Microsoft’s multi-factor authentication (MFA) for Office 365 and Azure Active Directory has fallen over for the second time in a week.
Azure’s service status page delivered Tuesday’s bad news:
Between 14:25 UTC and 17:08 UTC on 27 Nov 2018, customers using Multi-Factor Authentication (MFA) may have experienced intermittent issues signing into Azure resources, such as Azure Active Directory, when MFA is required by policy.
Officially, that’s just shy of three hours with either no or intermittent MFA, although it took until 18:53 UTC for Microsoft’s Twitter account to become confident enough to announce that the service was definitely up and running again.https://twitter.com/MSFT365Status/status/1067521776333307906
Microsoft’s initial root cause analysis (RCA): something went wrong at DNS level which led the infrastructure supporting MFA to become “unhealthy”.
The solution was to reboot – which seemed to work but at the expense of receiving several sarcastic tweets congratulating Microsoft on a successful reboot/turning it off and on again.
November 27, 2018
Déjà vu – all over again
This issue is the latest in what’s fast becoming a long line of bloopers for Microsoft in recent weeks. The company has only just published an explanation for a longer and more serious MFA outage suffered on 19 November that left many customers unable to log into Office 365 or Azure for an entire working day, or in some cases, longer.
This included frank admissions about what the company said were three interconnected root causes:
- Under high traffic loads, the Azure MFA front-end server’s communication with cache services deteriorated (which, ironically. exist to boost performance).
- This caused a ‘race condition’ in processing responses from the MFA’s backend servers, a way of saying that different parts of the MFA system were out of sync with one another badly enough to stop them communicating properly.

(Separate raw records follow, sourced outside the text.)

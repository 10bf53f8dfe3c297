-- ===== src/Storage/Validation/Urls.antt =====
-- `validURL` of registry/storage/validation/validation.go, and the loop over the URLs of a layer.
use container_registry.Prelude.{
  ◌==◌, nat_eq, Bool, true, false, not, ◌&&◌, ◌||◌, List, ◌∷◌, [], Option, some, none, ◌≡◌, ◌↔◌,
  ◌⊎◌, inl, inr, refl, ap, ◌∙◌, All, Bool-cases, or-cases,
}
use container_registry.Prelude.Bytes.{Bytes, codes, bytes_eq, bytes_beq_iff}
use container_registry.Storage.Validation.{
  ManifestUrls, ReferenceError, valid_parsed, not_allowed, refused_by, valid_url, url_error, is_web,
}

-- A URL that a layer may name: of the web, without a fragment, allowed and not denied.
pub record IsWebUrl (u : ManifestUrls) (s : Bytes) : Type 0 where
  pub scheme : Bytes
  pub parsed : u.parse s ≡ some (scheme, [])
  pub web : (scheme ≡ codes "http") ⊎ (scheme ≡ codes "https")
  pub allowed : (matches : Bytes → Bool) → u.allow ≡ some matches → matches s ≡ true
  pub undenied : (matches : Bytes → Bool) → u.deny ≡ some matches → matches s ≡ false

web_iff : (s : Bytes) → (is_web s ≡ true) ↔ ((s ≡ codes "http") ⊎ (s ≡ codes "https"))
web_iff s = (
  λ h. elim (or-cases (s == codes "http") (s == codes "https") h) [
    | inl e ↦ inl ((bytes_beq_iff s (codes "http")).0 e)
    | inr e ↦ inr ((bytes_beq_iff s (codes "https")).0 e)
  ],
  λ c. elim c [ inl e ↦ rw e refl | inr e ↦ rw e refl ],
)

allowed_iff :
    (o : Option (Bytes → Bool)) (s : Bytes)
    → (not_allowed o s ≡ false) ↔ ((matches : Bytes → Bool) → o ≡ some matches → matches s ≡ true)
allowed_iff none s = (λ h m e. cc e, λ h. refl)
allowed_iff (some m) s = elim (Bool-cases (m s)) [
  | inl e ↦ (λ h x same. cc (same, e), λ h. rw e refl)
  | inr e ↦ (λ h. cc (h, ap not e), λ h. cc (h m refl, e))
]

undenied_iff :
    (o : Option (Bytes → Bool)) (s : Bytes)
    → (refused_by o s ≡ false) ↔ ((matches : Bytes → Bool) → o ≡ some matches → matches s ≡ false)
undenied_iff none s = (λ h m e. cc e, λ h. refl)
undenied_iff (some m) s = (λ h x same. cc (same, h), λ h. h m refl)

all_four :
    (a b c d : Bool)
    → (a && (b && not (c || d))) ≡ true
    → (a ≡ true) × (b ≡ true) × (c ≡ false) × (d ≡ false)
all_four true true false false h = (refl, refl, refl, refl)
all_four true true false true h = cc h
all_four true true true d h = cc h
all_four true false c d h = cc h
all_four false b c d h = cc h

valid_parsed-parts :
    (u : ManifestUrls) (s scheme fragment : Bytes)
    → valid_parsed u s (some (scheme, fragment)) ≡ true
    → (is_web scheme ≡ true)
      × (fragment ≡ [])
      × (not_allowed u.allow s ≡ false)
      × (refused_by u.deny s ≡ false)
valid_parsed-parts u s scheme fragment h =
    let (web, plain, allowed, undenied) =
      all_four (is_web scheme) (fragment == []) (not_allowed u.allow s) (refused_by u.deny s) h in
    (web, (bytes_beq_iff fragment []).0 plain, allowed, undenied)

valid_parsed-IsWebUrl :
    (u : ManifestUrls) (s : Bytes) (parsed : Option (Bytes × Bytes))
    → u.parse s ≡ parsed
    → valid_parsed u s parsed ≡ true
    → IsWebUrl u s
valid_parsed-IsWebUrl u s none e h = cc h
valid_parsed-IsWebUrl u s (some (scheme, fragment)) e h =
    let (web, plain, allowed, undenied) = valid_parsed-parts u s scheme fragment h in
    record {
      scheme = scheme;
      parsed = e ∙ ap (λ f. some (scheme, f)) plain;
      web = (web_iff scheme).0 web;
      allowed = (allowed_iff u.allow s).0 allowed;
      undenied = (undenied_iff u.deny s).0 undenied;
    }

pub valid_url-IsWebUrl : (u : ManifestUrls) (s : Bytes) → (valid_url u s ≡ true) ↔ IsWebUrl u s
unfolding valid_url
valid_url-IsWebUrl u s = (
  valid_parsed-IsWebUrl u s (u.parse s) refl,
  λ w.
      rw
        (
          w.parsed,
          (web_iff w.scheme).1 w.web,
          (allowed_iff u.allow s).1 w.allowed,
          (undenied_iff u.deny s).1 w.undenied,
        )
        refl,
)

pub url_error-none :
    (u : ManifestUrls) (urls : List Bytes) (e : Option ReferenceError)
    → (url_error u urls e ≡ none) ↔ (All (IsWebUrl u) urls × (e ≡ none))
unfolding url_error
url_error-none u [] e = (λ h. (tt, h), λ h. h.1)
url_error-none u (s ∷ rest) e = elim (Bool-cases (valid_url u s)) [
  | inl v ↦ rw v (
    λ h. (
      ((valid_url-IsWebUrl u s).0 v, ((url_error-none u rest e).0 h).0),
      ((url_error-none u rest e).0 h).1,
    ),
    λ h. (url_error-none u rest e).1 (h.0.1, h.1),
  )
  | inr v ↦ rw v (λ h. cc h, λ h. cc (v, (valid_url-IsWebUrl u s).1 h.0.0))
]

- This then caused the backend services to overload at which point MFA stopped working.
Extraordinarily – this is the bit that will make some customers sit up – Microsoft didn’t notice any of this until users started complaining about MFA’s disappearance.
How so? Because:
Gaps in telemetry and monitoring for the MFA services delayed the identification and understanding of these root causes which caused an extended mitigation time.
Microsoft then explains how attempting to fix the above problems for APAC and EMEA regions by re-routing MFA traffic via the US caches simply made things worse there too.

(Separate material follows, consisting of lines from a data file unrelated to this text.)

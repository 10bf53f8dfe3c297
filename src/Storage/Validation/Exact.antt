-- ===== src/Storage/Validation/Exact.antt =====
-- The references that each validator accepts.
use container_registry.Prelude.{
  ◌==◌, nat_eq, Bool, true, false, Result, ok, err, List, ◌∷◌, [], Option, some, none, ◌≡◌, ◌≢◌,
  ◌↔◌, inl, inr, refl, sym, ◌∙◌, All, In, Bool-cases, false≢true,
}
use container_registry.Prelude.Bytes.{Bytes, bytes_eq, bytes_beq_iff}
use container_registry.Prelude.Sets.{contains, contains_of_In, In-of_contains}
use container_registry.Offline.Tags.{Digest}
use container_registry.Storage.Stores.{StoreError, Descriptor}
use container_registry.Storage.Validation.{
  Reference, ManifestUrls, OciTypes, Lookups, ReferenceError, foreign_layer, is_manifest2,
  url_error, stat_error, or_stat, needs_url, coerced, check_schema2, unless_error, check_oci,
  exists_error, check_listed,
}
use container_registry.Storage.Validation.Urls.{IsWebUrl, url_error-none}

-- A reference of a schema 2 manifest that may be stored.
pub record IsProvided (u : ManifestUrls) (l : Lookups) (r : Reference) : Type 0 where
  pub foreign : r.media_type ≡ foreign_layer → (r.urls ≢ []) × All (IsWebUrl u) r.urls
  pub blob :
      r.media_type ≢ foreign_layer → r.urls ≡ [] → (desc : Descriptor) × (l.stat r.digest ≡ ok desc)
  pub manifest :
      r.media_type ≢ foreign_layer
      → is_manifest2 r.media_type ≡ true
      → r.urls ≢ []
      → l.exists r.digest ≡ ok true

-- A reference of an OCI manifest that may be stored.
pub record IsProvidedOci (o : OciTypes) (u : ManifestUrls) (l : Lookups) (r : Reference)
    : Type 0 where
  pub layer : In r.media_type o.layers → All (IsWebUrl u) r.urls
  pub blob : r.urls ≡ [] → (desc : Descriptor) × (l.stat r.digest ≡ ok desc)
  pub manifest :
      contains o.layers r.media_type ≡ false
      → r.media_type ≡ o.image_manifest
      → r.urls ≢ []
      → l.exists r.digest ≡ ok true

stat_error-none :
    (r : Result StoreError Descriptor)
    → (stat_error r ≡ none) ↔ ((desc : Descriptor) × (r ≡ ok desc))
stat_error-none (ok desc) = (λ h. (desc, refl), λ h. refl)
stat_error-none (err e) = (λ h. cc h, λ (desc, h). cc h)

or_stat-none :
    (l : Lookups) (d : Digest) (urls : List Bytes) (e : Option ReferenceError)
    → (or_stat l d urls e ≡ none)
      ↔ ((urls ≡ [] → (desc : Descriptor) × (l.stat d ≡ ok desc)) × (urls ≢ [] → e ≡ none))
or_stat-none l d [] e = (
  λ h. (λ x. (stat_error-none (l.stat d)).0 h, λ n. absurd (n refl)),
  λ h. (stat_error-none (l.stat d)).1 (h.0 refl),
)
or_stat-none l d (s ∷ rest) e = (λ h. (λ x. cc x, λ n. h), λ h. h.1 (λ x. cc x))

coerced-none : (r : Result StoreError Bool) → (coerced r ≡ none) ↔ (r ≡ ok true)
coerced-none (ok true) = (λ h. refl, λ h. refl)
coerced-none (ok false) = (λ h. cc h, λ h. cc h)
coerced-none (err e) = (λ h. cc h, λ h. cc h)

needs_url-none : (urls : List Bytes) → (needs_url urls ≡ none) ↔ (urls ≢ [])
needs_url-none [] = (λ h. cc h, λ n. absurd (n refl))
needs_url-none (s ∷ rest) = (λ h x. cc x, λ n. refl)

exists_error-none : (r : Result StoreError Bool) → (exists_error r ≡ none) ↔ (r ≡ ok true)
exists_error-none (ok true) = (λ h. refl, λ h. refl)
exists_error-none (ok false) = (λ h. cc h, λ h. cc h)
exists_error-none (err e) = (λ h. cc h, λ h. cc h)

-- A listed reference is accepted where it exists.
pub check_listed-none :
    (l : Lookups) (r : Reference) → (check_listed l r ≡ none) ↔ (l.exists r.digest ≡ ok true)
unfolding check_listed
check_listed-none l r = exists_error-none (l.exists r.digest)

pub check_schema2-IsProvided :
    (u : ManifestUrls) (l : Lookups) (r : Reference)
    → (check_schema2 u l r ≡ none) ↔ IsProvided u l r
unfolding check_schema2
check_schema2-IsProvided u l r = elim (Bool-cases (r.media_type == foreign_layer)) [
  | inl f ↦
      let is = (bytes_beq_iff r.media_type foreign_layer).0 f in
      let checked = url_error-none u r.urls (needs_url r.urls) in
      rw f (
        λ h. record {
          foreign = λ x. ((needs_url-none r.urls).0 (checked.0 h).1, (checked.0 h).0);
          blob = λ n. absurd (n is);
          manifest = λ n. absurd (n is);
        },
        λ w. checked.1 ((w.foreign is).1, (needs_url-none r.urls).1 (w.foreign is).0),
      )
  | inr f ↦
      let is_not = λ (e : r.media_type ≡ foreign_layer).
        false≢true (sym f ∙ (bytes_beq_iff r.media_type foreign_layer).1 e) in
      elim (Bool-cases (is_manifest2 r.media_type)) [
        | inl m ↦
            let checked = or_stat-none l r.digest r.urls (coerced (l.exists r.digest)) in
            rw (f, m)
              (
                λ h. record {
                  foreign = λ x. absurd (is_not x);
                  blob = λ n. (checked.0 h).0;
                  manifest = λ n t some_urls.
                      (coerced-none (l.exists r.digest)).0 ((checked.0 h).1 some_urls);
                },
                λ w. checked.1 (
                  w.blob is_not,
                  λ n. (coerced-none (l.exists r.digest)).1 (w.manifest is_not m n),
                ),
              )
        | inr m ↦
            let checked = or_stat-none l r.digest r.urls none in
            rw (f, m)
              (
                λ h. record {
                  foreign = λ x. absurd (is_not x);
                  blob = λ n. (checked.0 h).0;
                  manifest = λ n t. cc (t, m);
                },
                λ w. checked.1 (w.blob is_not, λ n. refl),
              )
      ]
]

unless_error-none :
    (e next : Option ReferenceError) → (unless_error e next ≡ none) ↔ ((e ≡ none) × (next ≡ none))
unless_error-none none next = (λ h. (refl, h), λ h. h.1)
unless_error-none (some e) next = (λ h. cc h, λ h. cc h.0)

pub check_oci-IsProvidedOci :
    (o : OciTypes) (u : ManifestUrls) (l : Lookups) (r : Reference)
    → (check_oci o u l r ≡ none) ↔ IsProvidedOci o u l r
unfolding check_oci
check_oci-IsProvidedOci o u l r = elim (Bool-cases (contains o.layers r.media_type)) [
  | inl f ↦
      let urls = url_error-none u r.urls none in
      let stats = or_stat-none l r.digest r.urls none in
      let both = unless_error-none (url_error u r.urls none) (or_stat l r.digest r.urls none) in
      rw f (
        λ h. record {
          layer = λ x. (urls.0 (both.0 h).0).0;
          blob = (stats.0 (both.0 h).1).0;
          manifest = λ x. cc x;
        },
        λ w. both.1 (
          urls.1 (w.layer (In-of_contains r.media_type o.layers f), refl),
          stats.1 (w.blob, λ n. refl),
        ),
      )
  | inr f ↦
      let is_not = λ (i : In r.media_type o.layers). false≢true (sym f ∙ contains_of_In i) in
      elim (Bool-cases (r.media_type == o.image_manifest)) [
        | inl m ↦
            let is = (bytes_beq_iff r.media_type o.image_manifest).0 m in
            let checked = or_stat-none l r.digest r.urls (coerced (l.exists r.digest)) in
            rw (f, m)
              (
                λ h. record {
                  layer = λ x. absurd (is_not x);
                  blob = (checked.0 h).0;
                  manifest = λ x t n. (coerced-none (l.exists r.digest)).0 ((checked.0 h).1 n);
                },
                λ w.
                    checked.1
                      (w.blob, λ n. (coerced-none (l.exists r.digest)).1 (w.manifest f is n)),
              )
        | inr m ↦
            let checked = or_stat-none l r.digest r.urls none in
            rw (f, m)
              (
                λ h. record {
                  layer = λ x. absurd (is_not x);
                  blob = (checked.0 h).0;
                  manifest = λ x t. cc (m, (bytes_beq_iff r.media_type o.image_manifest).1 t);
                },
                λ w. checked.1 (w.blob, λ n. refl),
              )
      ]
]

Having issued a post-mortem for the first outage, Microsoft has promised to follow up with something similar for Tuesday’s.
What might be going on?
There is perhaps a small clue in the analysis for the 19 November outage where Microsoft mentions that the service was struggling to cope with high traffic levels.
Perhaps, then, it’s simply that lots of organisations and consumers have been turning on MFA, which wouldn’t be surprising given that Microsoft itself has been promoting the extra security benefits that it can bring.
So, let’s be positive: the outages might not be symptoms of MFA’s failure but rather of its sudden – and very welcome – popularity.
6 comments on “Microsoft’s Office 365 MFA security crashes for second time”
This would be comical if not for people having become dependent on Email. Which didn’t even exist 30 years ago (for the average person and businesses).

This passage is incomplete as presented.